I have two groups of positive real numbers.
> dput(group1)
c(2.10753, 2.57251, 2.61687, 4.62551, 7.13166, 6347.63, 4.22139,
10.7373, 2.11568, 2.71866, 4.09376, 10.9046, 109807, 5.87156,
3.17082, 3.4703, 2.47262, 9.24319, 34.6945, 5.72567, 12.0134,
108.33, 6.60707, 6.24304, 3.59048, 10.3174, 48.0265, 5.32097,
3.77157, 6.67401, 22.633, 34.8186, 21.5315, 9.42882, 7.10627, ...)
> dput(group2)
c(4.88474, 65.4318, 128.101, 24.1271, 5.44262, 54.8987, 2.85175,
14.1089, 172.23, 66.8563, 6.74067, 2.19603, 2.12985, 4.12735,
16.401, 3.22688, 15.6943, 4.32861, 36.4752, 7.33769, 75.855,
62.7653, 35.1786, 3.71099, 29.0186, 34.4472, 19.1061, 2.75174, ...)
Group1 consists of ~1000 values, group 2 of ~30,000. I was interested in the ratio of medians between the two groups and used the following R-function to calculate this ratio for each of 2000 bootstrap samples (for the boot() command see function output below):
medianRatio <- function(x, i, noGroup1, noGroup2) {
all <- x[i]
currGroup1 <- all[1:noGroup1]
currGroup2 <- all[c(noGroup1 + 1):length(all)]

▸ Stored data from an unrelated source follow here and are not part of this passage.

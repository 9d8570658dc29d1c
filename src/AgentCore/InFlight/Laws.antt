-- ===== src/AgentCore/InFlight/Laws.antt =====
-- Which tokens are cancelled while a pond is dropped.
use mathlib.Core.List.{Memᴰ}
use latiq.ControlPlane.Registry.Tables.{All-of-Memᴰ}
use latiq.Prelude.{
  String, Bool, true, false, not, ◌≡◌, ◌⊎◌, inl, inr, List, [], ◌∷◌, Option, none, some, ◌==◌,
  string_eq, nat_eq, arith, eqb_iff, eq_iff, any, find, keep, All, Bool-cases, Option-cases,
}
use latiq.AgentCore.InFlight.{
  Token, Entry, InFlight, new, has_op, is_cancelled, is_dropping, on_pond, is_doomed, insert,
  remove, check_tombstone, enter, register, complete, cancel, tokens_on, cancel_for_pond, tombstone,
  begin_drop, end_drop, Call, registers, completed, canceled, begins_drop, ended_drop, call,
  call_all,
}

-- An operation on a pond that is being dropped has a cancelled token.
abbrev pub IsStopped : InFlight → Entry → Type 0
IsStopped s e = is_doomed s e.pond_id ≡ true → is_cancelled s e.token ≡ true

pub record Inv (s : InFlight) : Type 0 where
  pub stopped : All (IsStopped s) s.map

pub any-tokens_on :
    (pond : String) (es : List Entry) (done : List Token) (t : Token)
    → any (λ u. u == t) done ≡ true
    → any (λ u. u == t) (tokens_on pond es done) ≡ true
unfolding any tokens_on
any-tokens_on pond [] done t h = h
any-tokens_on pond (e ∷ es) done t h = ground (arith, any-tokens_on pond es done t h)

pub tokens_on-fresh :
    (pond : String) (t : Token) (es : List Entry) (done : List Token)
    → All (λ x. (x.token == t) ≡ false) es
    → any (λ u. u == t) done ≡ false
    → any (λ u. u == t) (tokens_on pond es done) ≡ false
unfolding any tokens_on
tokens_on-fresh pond t [] done f h = h
tokens_on-fresh pond t (e ∷ es) done (f, fs) h = ground (arith, tokens_on-fresh pond t es done fs h)

module _ {ℓ} {A : Type ℓ} where
  All-keep {κ} : (P : A → Type κ) (p : A → Bool) (xs : List A) → All P xs → All P (keep p xs)
  unfolding keep
  All-keep P p [] h = tt
  All-keep P p (x ∷ xs) (h, hs) = elim (Bool-cases (p x)) [
    | inl e ↦ rw e (h, All-keep P p xs hs)
    | inr e ↦ rw e (All-keep P p xs hs)
  ]

  All-mono {κ μ} :
      (P : A → Type κ) (Q : A → Type μ) (xs : List A) → ((x : A) → P x → Q x) → All P xs → All Q xs
  All-mono P Q [] f h = tt
  All-mono P Q (x ∷ xs) f (h, hs) = (f x h, All-mono P Q xs f hs)

  All-both {κ μ ν} :
      (P : A → Type κ) (Q : A → Type μ) (R : A → Type ν) (xs : List A)
      → ((x : A) → P x → Q x → R x)
      → All P xs
      → All Q xs
      → All R xs
  All-both P Q R [] f h k = tt
  All-both P Q R (x ∷ xs) f (h, hs) (k, ks) = (f x h k, All-both P Q R xs f hs ks)

  any-keep : (p q : A → Bool) (xs : List A) → any p (keep q xs) ≡ true → any p xs ≡ true
  unfolding any keep
  any-keep p q [] h = h
  any-keep p q (x ∷ xs) h = ground (arith, any-keep p q xs)

end_drop-doomed :
    (pond : String) (s : InFlight) (p : Option String)
    → is_doomed (end_drop pond s) p ≡ true
    → is_doomed s p ≡ true
unfolding end_drop
end_drop-doomed pond s none h = h
end_drop-doomed pond s (some p) h = any-keep (λ q. q == p) (λ q. not (q == pond)) s.dropping h

register-Inv :
    (op : String) (t : Token) (pond : Option String) (s : InFlight)
    → Inv s
    → Inv (register op t pond s)
unfolding register check_tombstone enter insert any
register-Inv op t pond s v = record {
  stopped = (
    λ h. rw h (ground (arith, eqb_iff t t)),
    All-keep (IsStopped (register op t pond s)) _ s.map (
        All-mono (IsStopped s) (IsStopped (register op t pond s)) s.map
          (λ x f h. ground (arith, f h)) v.stopped),
  );
}

complete-Inv : (op : String) (s : InFlight) → Inv s → Inv (complete op s)
unfolding complete remove
complete-Inv op s v = record { stopped = All-keep _ _ s.map v.stopped }

cancel-Inv : (op : String) (s : InFlight) → Inv s → Inv (cancel op s)
unfolding cancel any
cancel-Inv op s v = elim (Option-cases (find (has_op op) s.map)) [
  | inl e ↦ rw (e, cancel) v
  | inr (x, e) ↦
      rw (e, cancel)
        (record {
          stopped = All-mono (IsStopped s) _ s.map (λ y f h. ground (arith, f h)) v.stopped;
        })
]

-- After `cancel_for_pond` the operations on the pond are cancelled, and the others are as they were.
on_pond-cancelled :
    (pond : String) (s : InFlight) (es : List Entry)
    → All
        (λ e.
          on_pond pond e.pond_id ≡ true
          → any (λ u. u == e.token) (tokens_on pond es s.cancelled) ≡ true)
        es
unfolding tokens_on any
on_pond-cancelled pond s [] = tt
on_pond-cancelled pond s (e ∷ es) = (
  λ h. rw h (ground (arith, eqb_iff e.token e.token)),
  All-mono _ _ es (λ x f h. ground (arith, f h)) (on_pond-cancelled pond s es),
)

tombstone-doomed :
    (pond : String) (s : InFlight) (p : Option String)
    → is_doomed (tombstone pond s) p ≡ true
    → (on_pond pond p ≡ true) ⊎ (is_doomed s p ≡ true)
unfolding tombstone any
tombstone-doomed pond s none h = inr h
tombstone-doomed pond s (some p) h = elim (Bool-cases (is_dropping s pond)) [
  | inl e ↦ inr (rw e at h)
  | inr e ↦ elim (Bool-cases (pond == p)) [
    | inl same ↦ inl (ground (arith, eq_iff pond p, eq_iff p pond))
    | inr other ↦ inr (rw other at (rw e at h))
  ]
]

begin_drop-Inv : (pond : String) (s : InFlight) → Inv s → Inv (begin_drop pond s)
unfolding begin_drop cancel_for_pond tombstone any
begin_drop-Inv pond s v = record {
  stopped =
      All-both (IsStopped s) _ _ s.map
        (λ e old cut doomed. elim (tombstone-doomed pond s e.pond_id doomed) [
          | inl here ↦ cut here
          | inr before ↦ any-tokens_on pond s.map s.cancelled e.token (old before)
        ])
        v.stopped (on_pond-cancelled pond s s.map);
}

end_drop-Inv : (pond : String) (s : InFlight) → Inv s → Inv (end_drop pond s)
unfolding end_drop
end_drop-Inv pond s v = record {
  stopped =
      All-mono (IsStopped s) _ s.map (λ e f h. f (end_drop-doomed pond s e.pond_id h)) v.stopped;
}

call-Inv : (c : Call) (s : InFlight) → Inv s → Inv (call c s)
unfolding call
call-Inv (registers op t pond) s v = register-Inv op t pond s v
call-Inv (completed op) s v = complete-Inv op s v
call-Inv (canceled op) s v = cancel-Inv op s v
call-Inv (begins_drop pond) s v = begin_drop-Inv pond s v
call-Inv (ended_drop pond) s v = end_drop-Inv pond s v

calls-Inv : (cs : List Call) (s : InFlight) → Inv s → Inv (call_all cs s)
unfolding call_all
calls-Inv [] s v = v
calls-Inv (c ∷ cs) s v = calls-Inv cs (call c s) (call-Inv c s v)

-- After any sequence of the registry's methods in which none interrupts another, a registered
-- operation on a pond that is being dropped has a cancelled token.
pub call_all-is_cancelled :
    (cs : List Call) (e : Entry) (pond : String)
    → Memᴰ e (call_all cs new).map
    → e.pond_id ≡ some pond
    → is_dropping (call_all cs new) pond ≡ true
    → is_cancelled (call_all cs new) e.token ≡ true
call_all-is_cancelled cs e pond m at_pond dropped =
    All-of-Memᴰ (IsStopped (call_all cs new)) (call_all cs new).map e
      (calls-Inv cs new (record { stopped = tt })).stopped m (rw at_pond dropped)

ratio <- median(currGroup1) / median(currGroup2)
return(ratio)
}
The call from the boot() function looks like this
ORDINARY NONPARAMETRIC BOOTSTRAP
Call:
boot(data = c(group1, group2), statistic = medianRatio, R = noBs,
noGroup1 = length(group1), noGroup2 = length(group2))
Bootstrap Statistics :
original bias std. error
t1* 1.08847 -0.08597889 0.05451763`
The mean of the resulting distribution of bootstrap samples is 1.002, the sd is 0.054 (visual inspection of the histogram confirms a normal distribution around 1). Also:
range(Group1_Group2.BS$t) [1] 0.823311 1.198469
Yet when I run boot.ci() on the boot-object the reported confidence interval is
BOOTSTRAP CONFIDENCE INTERVAL CALCULATIONS
Based on 2000 bootstrap replicates
CALL :
boot.ci(boot.out = Group1_Group2.BS, type = "norm")
Intervals :
Level Normal
95% ( 1.068, 1.281 )
Calculations and Intervals on Original Scale
I do not understand what is going on here as the reported confidence interval does not even cover the mean of the (symmetric) distribution of the bootstrap samples. What am I missing?
Understanding how the normal confidence intervals are calculated might help clear things up. I found a very nice explanation in the answer to this question.
The bootstrap normal confidence intervals are built around the observed value of the statistic with a bias correction to address the difference between the middle of the bootstrap statistic and the observed value. The CI are calculated by using the estimate of the statistic of interest from the original sample, subtracting the bias, and adding 1.96 times the bootstrap standard error. If you do that "by-hand" with the values from the boot object, you'll see you get the same values as from boot.ci.
1.08847 - -0.08597889 - 1.96*0.05451763
[1] 1.067594
1.08847 - -0.08597889 + 1.96*0.05451763
[1] 1.281303
Your bias is big enough to make the difference between, say, percentile CI and normal CI noticeable. When I think about bootstrap confidence intervals, I would have expected to use the mean of the bootstrap distribution minus the bias not the observed statistic minus the bias. I haven't spent enough time thinking about this, nor do I have my bootstrapping notes with me, but you might check this problem a little more closely.